Raw data >>
'''
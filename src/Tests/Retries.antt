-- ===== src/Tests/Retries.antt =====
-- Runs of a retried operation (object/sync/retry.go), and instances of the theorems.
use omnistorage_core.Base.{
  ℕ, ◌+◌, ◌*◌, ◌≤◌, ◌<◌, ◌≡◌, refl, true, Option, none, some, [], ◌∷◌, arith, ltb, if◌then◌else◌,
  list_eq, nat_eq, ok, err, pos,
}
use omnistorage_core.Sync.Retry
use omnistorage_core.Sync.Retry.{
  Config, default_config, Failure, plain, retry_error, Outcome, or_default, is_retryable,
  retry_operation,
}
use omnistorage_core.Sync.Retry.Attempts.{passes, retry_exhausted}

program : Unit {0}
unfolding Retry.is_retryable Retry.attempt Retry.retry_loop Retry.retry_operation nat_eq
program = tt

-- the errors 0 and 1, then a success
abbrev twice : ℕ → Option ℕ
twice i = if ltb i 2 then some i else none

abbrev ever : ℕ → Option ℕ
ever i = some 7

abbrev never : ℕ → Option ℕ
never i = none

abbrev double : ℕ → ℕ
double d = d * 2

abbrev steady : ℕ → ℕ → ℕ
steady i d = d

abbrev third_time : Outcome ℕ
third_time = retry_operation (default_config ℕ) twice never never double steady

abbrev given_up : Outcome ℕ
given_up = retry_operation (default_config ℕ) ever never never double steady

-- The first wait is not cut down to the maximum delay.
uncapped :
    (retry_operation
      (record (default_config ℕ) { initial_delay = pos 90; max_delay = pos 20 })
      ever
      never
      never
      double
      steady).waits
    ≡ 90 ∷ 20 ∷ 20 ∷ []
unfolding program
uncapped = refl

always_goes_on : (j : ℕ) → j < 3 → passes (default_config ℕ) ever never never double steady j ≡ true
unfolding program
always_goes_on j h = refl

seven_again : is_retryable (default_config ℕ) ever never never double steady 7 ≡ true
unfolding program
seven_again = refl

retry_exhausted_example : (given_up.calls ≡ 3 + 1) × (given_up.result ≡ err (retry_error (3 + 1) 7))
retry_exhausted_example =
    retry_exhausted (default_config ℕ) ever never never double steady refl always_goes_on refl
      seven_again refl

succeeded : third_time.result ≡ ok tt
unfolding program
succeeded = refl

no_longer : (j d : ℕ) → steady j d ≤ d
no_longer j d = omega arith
'''
'''
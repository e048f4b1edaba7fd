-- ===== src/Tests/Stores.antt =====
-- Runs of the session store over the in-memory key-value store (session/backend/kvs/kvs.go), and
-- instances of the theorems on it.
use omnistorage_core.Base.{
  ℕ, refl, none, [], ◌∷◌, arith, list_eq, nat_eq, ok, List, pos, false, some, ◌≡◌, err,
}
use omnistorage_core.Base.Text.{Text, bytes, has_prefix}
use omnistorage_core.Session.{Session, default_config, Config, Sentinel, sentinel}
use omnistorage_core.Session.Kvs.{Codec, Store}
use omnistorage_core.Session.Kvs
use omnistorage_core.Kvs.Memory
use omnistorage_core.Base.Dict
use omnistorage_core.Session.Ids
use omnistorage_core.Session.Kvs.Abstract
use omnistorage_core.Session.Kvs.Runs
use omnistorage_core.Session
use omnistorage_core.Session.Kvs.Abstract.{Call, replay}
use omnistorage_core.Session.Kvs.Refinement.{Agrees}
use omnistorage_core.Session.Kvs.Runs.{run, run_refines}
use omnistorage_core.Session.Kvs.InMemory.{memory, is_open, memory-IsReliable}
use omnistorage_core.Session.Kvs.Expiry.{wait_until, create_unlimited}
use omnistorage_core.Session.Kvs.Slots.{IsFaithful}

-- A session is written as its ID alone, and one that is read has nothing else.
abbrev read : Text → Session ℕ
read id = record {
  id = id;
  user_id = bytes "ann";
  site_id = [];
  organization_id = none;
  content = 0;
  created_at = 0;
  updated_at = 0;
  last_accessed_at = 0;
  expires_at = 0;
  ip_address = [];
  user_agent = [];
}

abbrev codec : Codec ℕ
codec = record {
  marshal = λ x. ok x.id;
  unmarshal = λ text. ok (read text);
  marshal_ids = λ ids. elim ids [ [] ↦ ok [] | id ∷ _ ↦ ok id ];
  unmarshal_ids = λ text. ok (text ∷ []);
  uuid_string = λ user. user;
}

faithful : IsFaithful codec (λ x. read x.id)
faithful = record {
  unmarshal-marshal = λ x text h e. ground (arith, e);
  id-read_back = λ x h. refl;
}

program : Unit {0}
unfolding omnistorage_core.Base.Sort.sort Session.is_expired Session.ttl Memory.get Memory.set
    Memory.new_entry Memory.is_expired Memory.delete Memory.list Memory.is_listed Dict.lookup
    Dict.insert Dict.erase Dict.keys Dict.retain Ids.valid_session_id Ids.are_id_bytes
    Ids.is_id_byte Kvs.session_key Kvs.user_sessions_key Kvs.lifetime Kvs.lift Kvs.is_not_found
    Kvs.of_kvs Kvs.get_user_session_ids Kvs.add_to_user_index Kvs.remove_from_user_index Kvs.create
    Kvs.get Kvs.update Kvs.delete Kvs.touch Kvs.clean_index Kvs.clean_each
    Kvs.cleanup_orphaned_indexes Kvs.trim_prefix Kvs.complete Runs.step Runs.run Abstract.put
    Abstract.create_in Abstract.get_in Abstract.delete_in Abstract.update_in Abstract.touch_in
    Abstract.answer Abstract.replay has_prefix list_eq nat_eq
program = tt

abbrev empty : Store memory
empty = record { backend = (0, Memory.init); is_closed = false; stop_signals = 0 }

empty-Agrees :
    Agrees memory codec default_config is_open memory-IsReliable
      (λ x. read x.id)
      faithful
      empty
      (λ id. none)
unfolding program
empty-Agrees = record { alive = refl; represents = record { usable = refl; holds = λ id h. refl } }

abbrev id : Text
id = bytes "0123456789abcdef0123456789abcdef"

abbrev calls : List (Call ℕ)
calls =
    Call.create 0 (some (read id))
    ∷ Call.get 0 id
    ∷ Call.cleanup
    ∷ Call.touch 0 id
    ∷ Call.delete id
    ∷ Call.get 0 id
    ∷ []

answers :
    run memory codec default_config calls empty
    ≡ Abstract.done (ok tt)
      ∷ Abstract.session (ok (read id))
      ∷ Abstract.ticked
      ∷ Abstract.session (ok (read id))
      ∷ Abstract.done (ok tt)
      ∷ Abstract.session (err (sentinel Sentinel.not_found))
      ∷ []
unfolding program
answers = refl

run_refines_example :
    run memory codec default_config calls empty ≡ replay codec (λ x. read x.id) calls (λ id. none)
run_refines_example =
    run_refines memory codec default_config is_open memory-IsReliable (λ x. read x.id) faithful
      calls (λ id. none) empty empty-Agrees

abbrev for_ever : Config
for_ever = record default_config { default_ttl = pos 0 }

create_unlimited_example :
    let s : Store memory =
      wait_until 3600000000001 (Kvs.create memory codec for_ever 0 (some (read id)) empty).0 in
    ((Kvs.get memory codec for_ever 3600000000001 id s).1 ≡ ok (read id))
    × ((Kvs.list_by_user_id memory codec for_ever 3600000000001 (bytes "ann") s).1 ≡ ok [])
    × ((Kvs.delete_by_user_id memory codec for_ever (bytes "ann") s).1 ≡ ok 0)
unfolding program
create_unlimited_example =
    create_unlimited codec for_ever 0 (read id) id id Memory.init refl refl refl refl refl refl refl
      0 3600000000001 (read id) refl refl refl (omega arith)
'''
Assignment >> Go to the line with "filename src/Tests/Retries.antt" in the entries above and repeat every line from there through the line with "retry_exhausted_example : (given_up.calls", exactly and with no other text.

Exercise result >>
filename src/Tests/Retries.antt
-- ===== src/Tests/Retries.antt =====
-- Runs of a retried operation (object/sync/retry.go), and instances of the theorems.
use omnistorage_core.Base.{
  ℕ, ◌+◌, ◌*◌, ◌≤◌, ◌<◌, ◌≡◌, refl, true, Option, none, some, [], ◌∷◌, arith, ltb, if◌then◌else◌,
  list_eq, nat_eq, ok, err, pos,
}
use omnistorage_core.Sync.Retry
use omnistorage_core.Sync.Retry.{
  Config, default_config, Failure, plain, retry_error, Outcome, or_default, is_retryable,
  retry_operation,
}
use omnistorage_core.Sync.Retry.Attempts.{passes, retry_exhausted}

program : Unit {0}
unfolding Retry.is_retryable Retry.attempt Retry.retry_loop Retry.retry_operation nat_eq
program = tt

-- the errors 0 and 1, then a success
abbrev twice : ℕ → Option ℕ
twice i = if ltb i 2 then some i else none

abbrev ever : ℕ → Option ℕ
ever i = some 7

abbrev never : ℕ → Option ℕ
never i = none

abbrev double : ℕ → ℕ
double d = d * 2

abbrev steady : ℕ → ℕ → ℕ
steady i d = d

abbrev third_time : Outcome ℕ
third_time = retry_operation (default_config ℕ) twice never never double steady

abbrev given_up : Outcome ℕ
given_up = retry_operation (default_config ℕ) ever never never double steady

-- The first wait is not cut down to the maximum delay.
uncapped :
    (retry_operation
      (record (default_config ℕ) { initial_delay = pos 90; max_delay = pos 20 })
      ever
      never
      never
      double
      steady).waits
    ≡ 90 ∷ 20 ∷ 20 ∷ []
unfolding program
uncapped = refl

always_goes_on : (j : ℕ) → j < 3 → passes (default_config ℕ) ever never never double steady j ≡ true
unfolding program
always_goes_on j h = refl

seven_again : is_retryable (default_config ℕ) ever never never double steady 7 ≡ true
unfolding program
seven_again = refl

retry_exhausted_example : (given_up.calls ≡ 3 + 1) × (given_up.result ≡ err (retry_error (3 + 1) 7))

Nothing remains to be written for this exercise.